Configuring the Check Point Quantum Security Gateway

To establish a connection between Harmony Connect and your Check Point Quantum Security Gateway, you must configure two IPsec tunnels from the gateway to Harmony Connect.

To configure the Check Point Quantum Security Gateway:

Obtain the IP address of the IPsec tunnels to connect the Check Point Security Gateway as a branch device. Check Point's IPsec tunnel addresses are FQDN domains. Use nslookup on the tunnel destination to get the FQDN domains.

Note - Check Point does not save the IP address behind its tunnel addresses. To use static IP addresses, contact Check Point Support with the current tunnel destination address.

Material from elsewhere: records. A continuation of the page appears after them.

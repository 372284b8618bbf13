-- ===== src/WebSocket/FrameParser/Loop.antt =====
-- The loop of src/websocket/ws_parser.cpp ends, and what it does is independent of how the bytes
-- are cut into reads.
use eventhub.Prelude.{
  ℕ, zero, suc, ◌+◌, ◌*◌, ◌≤◌, ◌<◌, ◌≡◌, ◌≢◌, refl, sym, ◌∙◌, ap, subst, [], ◌∷◌, ◌++◌, arith,
  Bytes, some, length, take, drop, ltb, if◌then◌else◌, some-eq, take-append-drop, length-take,
  length-drop,
}
use eventhub.WebSocket.FrameParser.{
  WsParser, ParserState, s_opcode, s_length, s_length_16_0, s_length_16_1, s_length_64_0,
  s_length_64_1, s_length_64_2, s_length_64_3, s_length_64_4, s_length_64_5, s_length_64_6,
  s_length_64_7, s_mask_0, s_mask_1, s_mask_2, s_mask_3, s_payload, Status, ws_ok, Callbacks, Round,
  next, stop, on_opcode, on_length, on_length_16_1, on_length_64, on_mask, on_payload, on_chunk,
  end_of_payload, on_state, execute_from, ws_parser_execute,
}
use eventhub.WebSocket.FrameParser.Feeding.{
  Ready, IsReady, IsChunked, feed, feed_round, feed-step, on_chunk-feed, on_opcode-Local,
  on_length-Local, on_length_64-Local, on_mask-Local, feed_after,
}

ParserState-discrete : Discrete ParserState
ParserState-discrete = hlevel

module _ {D : Type 0} (callbacks : Callbacks D) where
  -- A round leaves the parser ready, and at most `n` bytes; or it returns an error.
  abbrev Keeps : ℕ → Round D → Type 0
  Keeps n (next p d left) = IsReady p × (length left ≤ n)
  Keeps n (stop s p d) = s ≢ ws_ok

  end_of_payload-Keeps :
      (p : WsParser) (d : D) (rest : Bytes)
      → Keeps (length rest) (end_of_payload callbacks p d rest)
  unfolding end_of_payload
  end_of_payload-Keeps p d rest = ground arith

  on_opcode-Keeps :
      (p : WsParser) (d : D) (c : ℕ) (rest : Bytes)
      → Keeps (length rest) (on_opcode callbacks p d c rest)
  unfolding on_opcode
  on_opcode-Keeps p d c rest = ground arith

  on_length-Keeps :
      (p : WsParser) (d : D) (c : ℕ) (rest : Bytes)
      → Keeps (length rest) (on_length callbacks p d c rest)
  unfolding on_length
  on_length-Keeps p d c rest = ground arith

  on_length_16_1-Keeps :
      (p : WsParser) (d : D) (c : ℕ) (rest : Bytes)
      → Keeps (length rest) (on_length_16_1 callbacks p d c rest)
  unfolding on_length_16_1
  on_length_16_1-Keeps p d c rest = ground arith

  on_length_64-Keeps :
      (s : ParserState) (p : WsParser) (d : D) (c : ℕ) (rest : Bytes)
      → Keeps (length rest) (on_length_64 callbacks s p d c rest)
  unfolding on_length_64
  on_length_64-Keeps s_length_64_0 p d c rest = ground arith
  on_length_64-Keeps _ p d c rest = ground arith

  on_mask-Keeps :
      (s : ParserState) (p : WsParser) (d : D) (c : ℕ) (rest : Bytes)
      → Keeps (length rest) (on_mask callbacks s p d c rest)
  unfolding on_mask
  on_mask-Keeps s_mask_0 p d c rest = ground arith
  on_mask-Keeps _ p d c rest = ground arith

  on_chunk-Keeps :
      (p : WsParser) (d : D) (chunk rest : Bytes)
      → p.state ≡ s_payload
      → Keeps (length rest) (on_chunk callbacks p d chunk rest)
  unfolding on_chunk
  on_chunk-Keeps p d chunk rest e = ground arith

  abbrev chunk_length : WsParser → Bytes → ℕ
  chunk_length p buff =
      if ltb p.bytes_remaining (length buff) then p.bytes_remaining else length buff

  chunk_length_bounds :
      (p : WsParser) (c : ℕ) (rest : Bytes)
      → 0 < p.bytes_remaining
      → (0 < chunk_length p (c ∷ rest))
        × (chunk_length p (c ∷ rest) ≤ p.bytes_remaining)
        × (chunk_length p (c ∷ rest) ≤ length (c ∷ rest))
  chunk_length_bounds p c rest h = ground arith

  on_payload-Keeps :
      (p : WsParser) (d : D) (c : ℕ) (rest : Bytes)
      → p.state ≡ s_payload
      → 0 < p.bytes_remaining
      → Keeps (length rest) (on_payload callbacks p d (c ∷ rest))
  unfolding on_payload
  on_payload-Keeps p d c rest e h = go (on_chunk callbacks p d (take n (c ∷ rest)) left) kept
    where
      n : ℕ
      n = chunk_length p (c ∷ rest)

      left : Bytes
      left = drop n (c ∷ rest)

      kept : Keeps (length left) (on_chunk callbacks p d (take n (c ∷ rest)) left)
      kept = on_chunk-Keeps p d (take n (c ∷ rest)) left e

      go : (r : Round D) → Keeps (length left) r → Keeps (length rest) r
      go (next p' d' l) k =
          (k.0, omega (arith, k.1, length-drop n (c ∷ rest), chunk_length_bounds p c rest h))
      go (stop s p' d') k = k

  on_state-Keeps :
      (s : ParserState) (p : WsParser) (d : D) (c : ℕ) (rest : Bytes)
      → p.state ≡ s
      → Ready s p.bytes_remaining
      → Keeps (length rest) (on_state callbacks s p d c rest)
  unfolding on_state
  on_state-Keeps s_opcode p d c rest e h = on_opcode-Keeps p d c rest
  on_state-Keeps s_length p d c rest e h = on_length-Keeps p d c rest
  on_state-Keeps s_length_16_0 p d c rest e h = (tt, omega arith)
  on_state-Keeps s_length_16_1 p d c rest e h = on_length_16_1-Keeps p d c rest
  on_state-Keeps s_length_64_0 p d c rest e h = on_length_64-Keeps s_length_64_0 p d c rest
  on_state-Keeps s_length_64_1 p d c rest e h = on_length_64-Keeps s_length_64_1 p d c rest
  on_state-Keeps s_length_64_2 p d c rest e h = on_length_64-Keeps s_length_64_2 p d c rest
  on_state-Keeps s_length_64_3 p d c rest e h = on_length_64-Keeps s_length_64_3 p d c rest
  on_state-Keeps s_length_64_4 p d c rest e h = on_length_64-Keeps s_length_64_4 p d c rest
  on_state-Keeps s_length_64_5 p d c rest e h = on_length_64-Keeps s_length_64_5 p d c rest
  on_state-Keeps s_length_64_6 p d c rest e h = on_length_64-Keeps s_length_64_6 p d c rest
  on_state-Keeps s_length_64_7 p d c rest e h = on_length_64-Keeps s_length_64_7 p d c rest
  on_state-Keeps s_mask_0 p d c rest e h = on_mask-Keeps s_mask_0 p d c rest
  on_state-Keeps s_mask_1 p d c rest e h = on_mask-Keeps s_mask_1 p d c rest
  on_state-Keeps s_mask_2 p d c rest e h = on_mask-Keeps s_mask_2 p d c rest
  on_state-Keeps s_mask_3 p d c rest e h = on_mask-Keeps s_mask_3 p d c rest
  on_state-Keeps s_payload p d c rest e h = on_payload-Keeps p d c rest e h

  -- Any fuel above the number of bytes gives the same result.
  execute_from-enough :
      (f g : ℕ) (p : WsParser) (d : D) (buff : Bytes)
      → IsReady p
      → length buff < f
      → length buff < g
      → execute_from callbacks f p d buff ≡ execute_from callbacks g p d buff
  unfolding execute_from
  execute_from-enough zero g p d buff r h k = absurd (omega arith)
  execute_from-enough (suc f) zero p d buff r h k = absurd (omega arith)
  execute_from-enough (suc f) (suc g) p d [] r h k = refl
  execute_from-enough (suc f) (suc g) p d (c ∷ rest) r h k =
      go (execute_from-enough f g) (on_state callbacks p.state p d c rest)
        (on_state-Keeps p.state p d c rest refl r)
    where
      go :
          ((p : WsParser) (d : D) (buff : Bytes)
            → IsReady p
            → length buff < f
            → length buff < g
            → execute_from callbacks f p d buff ≡ execute_from callbacks g p d buff)
          → (t : Round D) → Keeps (length rest) t
          → elim t [
            | next p' d' left ↦ execute_from callbacks f p' d' left
            | stop s p' d' ↦ some (s, p', d')
          ]
            ≡ elim t [
              | next p' d' left ↦ execute_from callbacks g p' d' left
              | stop s p' d' ↦ some (s, p', d')
            ]
      go rec (next p' d' left) m = rec p' d' left m.0 (omega (arith, m.1)) (omega (arith, m.1))
      go rec (stop s p' d') k = refl

  execute_from-next :
      (fuel : ℕ) (p p' : WsParser) (d d' : D) (c : ℕ) (rest left : Bytes)
      → on_state callbacks p.state p d c rest ≡ next p' d' left
      → execute_from callbacks (suc fuel) p d (c ∷ rest) ≡ execute_from callbacks fuel p' d' left
  unfolding execute_from
  execute_from-next fuel p p' d d' c rest left e = rw (e, execute_from)

  -- One round of the loop.
  pub ws_parser_execute-next :
      (p p' : WsParser) (d d' : D) (c : ℕ) (rest left : Bytes)
      → IsReady p
      → on_state callbacks p.state p d c rest ≡ next p' d' left
      → ws_parser_execute callbacks p d (c ∷ rest) ≡ ws_parser_execute callbacks p' d' left
  unfolding ws_parser_execute
  ws_parser_execute-next p p' d d' c rest left r e =
      let k = subst (Keeps (length rest)) e (on_state-Keeps p.state p d c rest refl r) in
      execute_from-enough _ (suc (2 * length left + 2 + length rest)) p d (c ∷ rest) r (omega arith)
        (omega arith)
      ∙ execute_from-next (2 * length left + 2 + length rest) p p' d d' c rest left e
      ∙ execute_from-enough _ _ p' d' left k.0 (omega arith) (omega arith)

module _ {D : Type 0} (callbacks : Callbacks D) (ok : IsChunked callbacks) where
  on_payload-feed :
      (p : WsParser) (d : D) (c : ℕ) (rest : Bytes)
      → p.state ≡ s_payload
      → 0 < p.bytes_remaining
      → feed_round callbacks (on_payload callbacks p d (c ∷ rest)) ≡ feed callbacks p d (c ∷ rest)
  unfolding on_payload
  on_payload-feed p d c rest e h =
      go (chunk_length callbacks p (c ∷ rest)) (chunk_length_bounds callbacks p c rest h)
    where
      go :
          (n : ℕ)
          → (0 < n) × (n ≤ p.bytes_remaining) × (n ≤ length (c ∷ rest))
          → feed_round callbacks (on_chunk callbacks p d (take n (c ∷ rest)) (drop n (c ∷ rest)))
            ≡ feed callbacks p d (c ∷ rest)
      go zero b = absurd (omega arith)
      go (suc n) b =
          on_chunk-feed callbacks ok (take n rest) p d c (drop n rest) e
            (omega (arith, length-take n rest))
          ∙ ap (λ l. feed callbacks p d (c ∷ l)) (take-append-drop n rest)

  on_length_16_1-Local :
      (p : WsParser) (d : D) (c : ℕ) (rest : Bytes)
      → feed_round callbacks (on_length_16_1 callbacks p d c rest)
        ≡ feed_after callbacks rest (on_length_16_1 callbacks p d c [])
  unfolding on_length_16_1
  on_length_16_1-Local p d c rest = ground arith

  -- Outside the payload a round looks at one byte.
  on_state-Local :
      (s : ParserState) (p : WsParser) (d : D) (c : ℕ) (rest : Bytes)
      → s ≢ s_payload
      → feed_round callbacks (on_state callbacks s p d c rest)
        ≡ feed_after callbacks rest (on_state callbacks s p d c [])
  unfolding on_state
  on_state-Local s_opcode p d c rest h = on_opcode-Local callbacks p d c rest
  on_state-Local s_length p d c rest h = on_length-Local callbacks p d c rest
  on_state-Local s_length_16_0 p d c rest h = refl
  on_state-Local s_length_16_1 p d c rest h = on_length_16_1-Local p d c rest
  on_state-Local s_length_64_0 p d c rest h = on_length_64-Local callbacks s_length_64_0 p d c rest
  on_state-Local s_length_64_1 p d c rest h = on_length_64-Local callbacks s_length_64_1 p d c rest
  on_state-Local s_length_64_2 p d c rest h = on_length_64-Local callbacks s_length_64_2 p d c rest
  on_state-Local s_length_64_3 p d c rest h = on_length_64-Local callbacks s_length_64_3 p d c rest
  on_state-Local s_length_64_4 p d c rest h = on_length_64-Local callbacks s_length_64_4 p d c rest
  on_state-Local s_length_64_5 p d c rest h = on_length_64-Local callbacks s_length_64_5 p d c rest
  on_state-Local s_length_64_6 p d c rest h = on_length_64-Local callbacks s_length_64_6 p d c rest
  on_state-Local s_length_64_7 p d c rest h = on_length_64-Local callbacks s_length_64_7 p d c rest
  on_state-Local s_mask_0 p d c rest h = on_mask-Local callbacks s_mask_0 p d c rest
  on_state-Local s_mask_1 p d c rest h = on_mask-Local callbacks s_mask_1 p d c rest
  on_state-Local s_mask_2 p d c rest h = on_mask-Local callbacks s_mask_2 p d c rest
  on_state-Local s_mask_3 p d c rest h = on_mask-Local callbacks s_mask_3 p d c rest
  on_state-Local s_payload p d c rest h = absurd (h refl)

  round-feed :
      (s : ParserState) (p : WsParser) (d : D) (c : ℕ) (rest : Bytes)
      → p.state ≡ s
      → Ready s p.bytes_remaining
      → feed_round callbacks (on_state callbacks s p d c rest) ≡ feed callbacks p d (c ∷ rest)
  round-feed s p d c rest e h = elim (ParserState-discrete s s_payload) [
    | yes paid ↦
        subst
          (λ t.
            Ready t p.bytes_remaining
            → feed_round callbacks (on_state callbacks t p d c rest)
              ≡ feed callbacks p d (c ∷ rest))
          (sym paid) (λ r. unfold on_state in on_payload-feed p d c rest (e ∙ paid) r) h
    | no unpaid ↦
        on_state-Local s p d c rest unpaid
        ∙ sym (
            feed-step callbacks ok p d c rest
            ∙ ap (λ t. feed_after callbacks rest (on_state callbacks t p d c [])) e)
  ]

  execute_from-feed :
      (fuel : ℕ) (p : WsParser) (d : D) (buff : Bytes)
      → IsReady p
      → length buff < fuel
      → execute_from callbacks fuel p d buff ≡ some (feed callbacks p d buff)
  unfolding execute_from
  execute_from-feed zero p d buff r h = absurd (omega arith)
  execute_from-feed (suc fuel) p d [] r h = unfold feed in refl
  execute_from-feed (suc fuel) p d (c ∷ rest) r h =
      go (execute_from-feed fuel) (on_state callbacks p.state p d c rest)
        (on_state-Keeps callbacks p.state p d c rest refl r)
      ∙ ap some (round-feed p.state p d c rest refl r)
    where
      go :
          ((p : WsParser) (d : D) (buff : Bytes)
            → IsReady p
            → length buff < fuel
            → execute_from callbacks fuel p d buff ≡ some (feed callbacks p d buff))
          → (t : Round D) → Keeps callbacks (length rest) t
          → elim t [
            | next p' d' left ↦ execute_from callbacks fuel p' d' left
            | stop s p' d' ↦ some (s, p', d')
          ]
            ≡ some (feed_round callbacks t)
      go rec (next p' d' left) k = rec p' d' left k.0 (omega (arith, k.1))
      go rec (stop s p' d') k = refl

  -- With such callbacks the loop ends within its fuel, and does what the parser does that takes one byte
  -- at a time.
  pub ws_parser_execute-feed :
      (p : WsParser) (d : D) (buff : Bytes)
      → IsReady p
      → ws_parser_execute callbacks p d buff ≡ some (feed callbacks p d buff)
  unfolding ws_parser_execute
  ws_parser_execute-feed p d buff r = execute_from-feed _ p d buff r (omega arith)

  abbrev Resumes : Status × WsParser × D → Status × WsParser × D → Bytes → Type 0
  Resumes o o' ys = o.0 ≡ ws_ok → IsReady o.1 × (o' ≡ feed callbacks o.1 o.2 ys)

  feed-append :
      (p : WsParser) (d : D) (xs ys : Bytes)
      → IsReady p
      → Resumes (feed callbacks p d xs) (feed callbacks p d (xs ++ ys)) ys
  feed-append p d [] ys r = unfold feed in λ _. (r, refl)
  feed-append p d (c ∷ xs) ys r =
      rw (feed-step callbacks ok p d c xs, feed-step callbacks ok p d c (xs ++ ys))
        (go (λ q b. feed-append q b xs ys) (on_state callbacks p.state p d c [])
          (on_state-Keeps callbacks p.state p d c [] refl r))
    where
      go :
          ((q : WsParser) (b : D)
            → IsReady q
            → Resumes (feed callbacks q b xs) (feed callbacks q b (xs ++ ys)) ys)
          → (t : Round D) → Keeps callbacks 0 t
          → Resumes (feed_after callbacks xs t) (feed_after callbacks (xs ++ ys) t) ys
      go rec (next p' d' left) k = rec p' d' k.0
      go rec (stop s p' d') k = λ e. absurd (k e)

  -- As long as no error is returned, with such callbacks reading `xs` and then `ys` does what reading
  -- them at once does.
  pub ws_parser_execute-append :
      (p p' : WsParser) (d d' : D) (xs ys : Bytes)
      → IsReady p
      → ws_parser_execute callbacks p d xs ≡ some (ws_ok, p', d')
      → IsReady p'
        × (ws_parser_execute callbacks p d (xs ++ ys) ≡ ws_parser_execute callbacks p' d' ys)
  ws_parser_execute-append p p' d d' xs ys r e =
      let f : feed callbacks p d xs ≡ (ws_ok, p', d') =
        some-eq (sym (ws_parser_execute-feed p d xs r) ∙ e) in
      let (r', g) =
        subst (λ o. Resumes o (feed callbacks p d (xs ++ ys)) ys) f (feed-append p d xs ys r)
          refl in
      (
        r',
        ws_parser_execute-feed p d (xs ++ ys) r
            ∙ ap some g
            ∙ sym (ws_parser_execute-feed p' d' ys r'),
      )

Create the first interoperable device for Harmony Connect:
1. Log in to SmartConsole.
2. Click New > More > Network Object > More > Interoperable Device.
3. In the Interoperable Device window:
  - In the Name field, enter the device name. The name must begin with Harmony_Connect. For example, Harmony_Connect_Service_1.
  - In the IPv4 Address field, enter the IP address of tunnel 1.
4. Click OK.
Repeat step 2 to create the second interoperable device with the IPv4 Address of tunnel 2. For example, enter the Name as Harmony_Connect_Service_2.
Create a VPN Community object:
1. Click New > More > VPN Community > Star Community.
2. Enter the object name. For example, <your_site_name>_to_Harmony_Connect.
3. Click Gateways:
  1. In the Center Gateways section, add the two interoperable devices.
  2. In the Satellite Gateway section, add your Data Center Security Gateway.
4. Click Encrypted Traffic and select Accept all encrypted traffic on and Both center and satellite gateways.
5. Click Encryption and configure:
  1. Encryption Method - Select Prefer IKEv2, support IKEv1.
  2. Encryption Suite - Select Custom encryption suite.
    - For IKE Security Association (Phase 1):
      - Encryption Algorithm - Select AES-256.
      - Data Integrity - Select SHA1.
      - Diffie-Hellman group - Select Group 2 (1024 bit).
    - For IKE Security Association (Phase 2):
      - Encryption Algorithm - Select AES-256.
      - Data Integrity - Select SHA1.
6. Click Tunnel Management and select Set Permanent Tunnels and On all tunnels in the community.
7. Click VPN Routing and select To center or through the center to other satellites, to Internet and other VPN targets.
8. Click Shared Secret:
  1. Select Use only Shared Secret for all external members.
  2. Configure the shared secret.
9. Click OK.
Enable DPD on your Data Center Security Gateway to monitor and receive traffic from Harmony Connect on your site:
1. Click Command Line. For a better user experience, connect to the command on the Security Gateway with an SSH client.
2. To find the UID of your Data Center gateway, in the Command Line window, run:
  
  show objects filter <your gateway name>
3. Configure your Security Gateway to use DPD as the VPN connection:
  
  set generic-object uid <UID from the previous step> vpn.tunnelKeepaliveMethod DPD
4. Save the changes in Gaia OS database:
  
  save config
5. Close the Command Line window.
Configure these settings in SmartConsole, to allow connectivity:
1. From the left navigation panel, click Security Policies.
2. Open the policy that applies to your Data Center Security Gateway.
3. Go to Access Control.
4. To add a new rule to send traffic from the site to Harmony Connect and then to the Internet:
  1. In the Source column, configure {}Any{*} (remove all objects in this cell).
  2. In the Destination column, select All_Internet.
  3. In the Action column, select Accept.
Deploy the changes:
1. Click Publish. This allows other administrators to view all the changes.
2. (Optional) Add a description for your changes.
3. From the top, click Install Policy:
  1. Select the policy that applies to your Data Center Security Gateway.
  2. Select your Data Center Security Gateway.
  3. Click Install.
4. Wait for the installation to complete. You can track progress through the Tasks pane.